The Amazon, a vast tropical forest stretching across South America, is so large that if you were to take pictures of the region with optical photographs, it would take about ten years to get a composite image of the area. To make matters worse, its landscape is constantly evolving. So, scientists have learned to seek answers about this fragile ecosystem with the help of powerful eyes above - satellites.
This technology continues to advance and a new study shows that NASA satellite images can allow scientists to more quickly and accurately assess deforestation in the Amazon.
Researchers from the University of Maryland-College Park, Brazil's National Institute for Space Research (INPE) of Sao Jose dos Campos, Brazil, and South Dakota State University, Brookings, S.D., compared multiple years of data from NASA's Moderate Resolution Imaging Spectroradiometer (MODIS) aboard the Terra and Aqua satellites to data collected from the high-resolution Landsat satellite. They found that MODIS images can rapidly and reliably detect changes in Amazon land cover.
Unlike MODIS data, analyses of high spatial resolution data demand extensive storage and processing requirements. And, in tropical forest regions, image quality is often reduced by cloud cover and infrequent coverage of high-resolution images. But MODIS obtains images of the Amazon up to four times per day and evaluations of the quality of data are provided with the image, clearly marking areas of clouds, water, or high aerosols. These impacts are further minimized with daily composites created through the combination of individual images.
While high resolution imagery is still needed when estimating the total area of deforestation or when identifying small clearings, "the most exc iting finding of this study is that it shows MODIS can permit regional analyses of land cover in a matter of days, a substantial reduction in effort in comparison to the months now required with Landsat," said Douglas Morton, scientist at the University of Maryland-College Park and lead author of the new study.
Deforestation rates in tropical Africa, Southeast Asia, and South America have remained constant or have increased over the past two decades, altering global carbon and climate while elevating the need for frequent and accurate assessment of forest loss. In the Brazilian Amazon alone, where the growth of cattle ranching and cropland agriculture are the primary causes of forest clearing, annual clear-cutting and burning of forests cover about 7,700 square miles or about the area of New Jersey.
This study found a marked trend of larger and more extensive deforestation events between 2001 and 2004 in Mato Grosso State, Brazil, which was later confirmed on the ground. Information like this is so valuable to scientists because the Amazon literally drives weather systems around the world.
Information like this is so valuable to scientists because the Amazon literally drives weather systems around the world. The tropics receive two-thirds of the world's rainfall, and when it rains, water changes from liquid to vapor and back again, storing and releasing heat energy in the process. With so much rainfall, an incredible amount of heat is released into the atmosphere - making the tropics the Earth's primary source of heat redistribution. And, because of the Amazon's location, any sort of weather hiccup from the area could signal serious changes for the rest of the world like droughts and severe storms.
Global climate is also affected when Amazon burning practices to clear fields for farming result in large fires that create air pollution and release tiny particles, known as aerosols. Aerosols can both heat and cool the air, depending on size, shape and color.
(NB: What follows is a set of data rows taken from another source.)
-- ===== src/Daemon/NonceChecker/Entry.antt =====
-- The entry of one account (xelis_daemon/src/core/nonce_checker.rs).
use blockchain_xelis.Prelude.{
  ℕ, ◌+◌, ◌%◌, ◌<◌, ◌≤◌, ◌≡◌, ◌≢◌, ◌↔◌, refl, sym, ap, true, false, List, [], ◌∷◌, ◌++◌, none, some,
  ◌==◌, if◌then◌else◌, arith, u64_mod, ℕ_discrete, inl, inr, Option-cases,
}
use blockchain_xelis.Daemon.NonceChecker.{
  AccountEntry, contains_key, contains_nonce, insert_nonce_at_topoheight, expected_after,
  shift_remove, last, undo_entry,
}

-- The nonces of a list run from one number up to another, without gaps.
abbrev pub IsRun : ℕ → List (ℕ × ℕ) → ℕ → Type 0
IsRun from [] to = from ≡ to
IsRun from (used ∷ rest) to = (used.0 ≡ from) × IsRun (from + 1) rest to

-- The used nonces run from the first one expected to the one before the next.
abbrev pub IsConsistent : AccountEntry → Type 0
IsConsistent entry = IsRun entry.initial_nonce entry.used_nonces entry.expected_nonce

run_le : (from : ℕ) (l : List (ℕ × ℕ)) (to : ℕ) → IsRun from l to → from ≤ to
run_le from [] to h = omega arith
run_le from (used ∷ rest) to h = omega (arith, run_le (from + 1) rest to h.1)

-- A run holds the numbers of its range and no other.
contains_key_iff :
    (from : ℕ) (l : List (ℕ × ℕ)) (to nonce : ℕ)
    → IsRun from l to
    → (contains_key l nonce ≡ true) ↔ ((from ≤ nonce) × (nonce < to))
unfolding contains_key
contains_key_iff from [] to nonce h = ground arith
contains_key_iff from (used ∷ rest) to nonce h =
    ground (arith, contains_key_iff (from + 1) rest to nonce h.1, run_le (from + 1) rest to h.1)

IsRun-append :
    (from : ℕ) (l : List (ℕ × ℕ)) (to topoheight : ℕ)
    → IsRun from l to
    → IsRun from (l ++ (to, topoheight) ∷ []) (to + 1)
IsRun-append from [] to topoheight h = (sym h, ap (λ (n : ℕ). n + 1) h)
IsRun-append from (used ∷ rest) to topoheight h =
    (h.0, IsRun-append (from + 1) rest to topoheight h.1)

pub insert-expected :
    (entry : AccountEntry) (topoheight : ℕ)
    → IsConsistent entry
    → entry.expected_nonce + 1 < u64_mod
    → insert_nonce_at_topoheight entry entry.expected_nonce topoheight ≡ (
      record entry {
        expected_nonce = entry.expected_nonce + 1;
        used_nonces = entry.used_nonces ++ (entry.expected_nonce, topoheight) ∷ [];
      },
      true,
    )
unfolding insert_nonce_at_topoheight contains_nonce
insert-expected entry topoheight h small =
    let next = entry.expected_nonce in
    let fresh : contains_key entry.used_nonces next ≡ false =
      ground (arith, contains_key_iff entry.initial_nonce entry.used_nonces next next h) in
    let same : (next == next) ≡ true = ground arith in
    let wrap : (next + 1) % u64_mod ≡ next + 1 = omega arith in rw (fresh, same, wrap) refl

pub insert-refused :
    (entry : AccountEntry) (nonce topoheight : ℕ)
    → nonce ≢ entry.expected_nonce
    → insert_nonce_at_topoheight entry nonce topoheight ≡ (entry, false)
unfolding insert_nonce_at_topoheight
insert-refused entry nonce topoheight h = ground arith

-- Of a consistent entry whose next nonce is no largest `u64`, exactly the expected nonce is accepted; the
-- entry it leaves, accepted or not, is consistent, and expects one more in the first case.
pub insert_nonce_at_topoheight_lem :
    (entry : AccountEntry) (nonce topoheight : ℕ)
    → IsConsistent entry
    → entry.expected_nonce + 1 < u64_mod
    → (((insert_nonce_at_topoheight entry nonce topoheight).1 ≡ true)
        ↔ (nonce ≡ entry.expected_nonce))
      × IsConsistent (insert_nonce_at_topoheight entry nonce topoheight).0
      × ((insert_nonce_at_topoheight entry nonce topoheight).0.expected_nonce
          ≡ (if nonce == entry.expected_nonce then nonce + 1 else entry.expected_nonce))
insert_nonce_at_topoheight_lem entry nonce topoheight h small =
    elim (ℕ_discrete nonce entry.expected_nonce) [
      | yes same ↦
          let accepted = insert-expected entry topoheight h small in
          let run =
            IsRun-append entry.initial_nonce entry.used_nonces entry.expected_nonce topoheight h in
          rw (same, accepted) (((λ p. refl), (λ p. refl)), run, ground arith)
      | no other ↦
          rw (insert-refused entry nonce topoheight other)
            ((ground arith, (λ p. absurd (other p))), h, ground arith)
    ]

shift_remove-append :
    (from : ℕ) (l : List (ℕ × ℕ)) (to topoheight : ℕ)
    → IsRun from l to
    → shift_remove (l ++ (to, topoheight) ∷ []) to ≡ l
unfolding shift_remove
shift_remove-append from [] to topoheight h = ground arith
shift_remove-append from (used ∷ rest) to topoheight h =
    let ih = shift_remove-append (from + 1) rest to topoheight h.1 in
    ground (arith, run_le (from + 1) rest to h.1)

shift_remove-absent :
    (l : List (ℕ × ℕ)) (nonce : ℕ) → contains_key l nonce ≡ false → shift_remove l nonce ≡ l
unfolding shift_remove contains_key
shift_remove-absent [] nonce h = refl
shift_remove-absent (used ∷ rest) nonce h = let ih = shift_remove-absent rest nonce in ground arith

last-cons : (used : ℕ × ℕ) (rest : List (ℕ × ℕ)) → last (used ∷ rest) ≢ none
unfolding last
last-cons used [] e = ground arith
last-cons used (next ∷ rest) e = last-cons next rest e

-- The nonce after a run is the one after its last element, or the first if there is none.
last-run :
    (from : ℕ) (l : List (ℕ × ℕ)) (to : ℕ)
    → IsRun from l to
    → (last l ≡ none → from ≡ to) × ((p : ℕ × ℕ) → last l ≡ some p → p.0 + 1 ≡ to)
unfolding last
last-run from [] to h = ((λ z. h), (λ p e. ground arith))
last-run from (used ∷ []) to h = (ground arith, (λ p e. ground arith))
last-run from (used ∷ next ∷ rest) to h =
    let ih = last-run (from + 1) (next ∷ rest) to h.1 in
    ((λ e. absurd (last-cons next rest e)), ih.1)

expected_after-run :
    (from : ℕ) (used : List (ℕ × ℕ)) (to : ℕ)
    → IsRun from used to
    → to < u64_mod
    → expected_after from (last used) ≡ to
unfolding expected_after
expected_after-run from used to h small =
    let facts = last-run from used to h in
    elim (Option-cases (last used)) [
      | inl empty ↦ rw (empty) (facts.0 empty)
      | inr found ↦ rw (found.1) (omega (arith, facts.1 found.0 found.1))
    ]

-- What `undo_nonce` leaves once the nonce is off the list.
undo_entry-run :
    (entry : AccountEntry) (used : List (ℕ × ℕ)) (to nonce : ℕ)
    → IsRun entry.initial_nonce used to
    → to < u64_mod
    → shift_remove entry.used_nonces nonce ≡ used
    → undo_entry entry nonce ≡ record entry { expected_nonce = to; used_nonces = used }
unfolding undo_entry
undo_entry-run entry used to nonce h small removed =
    rw (undo_entry, removed, expected_after-run entry.initial_nonce used to h small) refl

-- Undoing the nonce that was just accepted, of a consistent entry short of the largest nonces, restores the entry.
pub undo_entry-insert :
    (entry : AccountEntry) (topoheight : ℕ)
    → IsConsistent entry
    → entry.expected_nonce + 1 < u64_mod
    → undo_entry
        (insert_nonce_at_topoheight entry entry.expected_nonce topoheight).0
        entry.expected_nonce
      ≡ entry
undo_entry-insert entry topoheight h small = rw (insert-expected entry topoheight h small) (
    undo_entry-run _ entry.used_nonces entry.expected_nonce _ h (omega arith)
      (shift_remove-append entry.initial_nonce entry.used_nonces entry.expected_nonce topoheight h))

-- Undoing a nonce that a consistent entry has not used, and whose expected nonce is a `u64`, changes nothing.
undo_entry-unused :
    (entry : AccountEntry) (nonce : ℕ)
    → IsConsistent entry
    → entry.expected_nonce < u64_mod
    → contains_nonce entry nonce ≡ false
    → undo_entry entry nonce ≡ entry
unfolding contains_nonce
undo_entry-unused entry nonce h small absent =
    undo_entry-run entry entry.used_nonces entry.expected_nonce nonce h small
      (shift_remove-absent entry.used_nonces nonce absent)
Building on the results of this study, Brazil's INPE has developed a near or almost real time monitoring application for deforestation detection known as the DETER system.
While this study highlights the challenges of monitoring deforestation and the use of MODIS data in the Amazon, it also shows that similar MODIS analyses could form the basis for a wide array of regional studies in a highly-automated fashion, with both scientific and decision-making utility.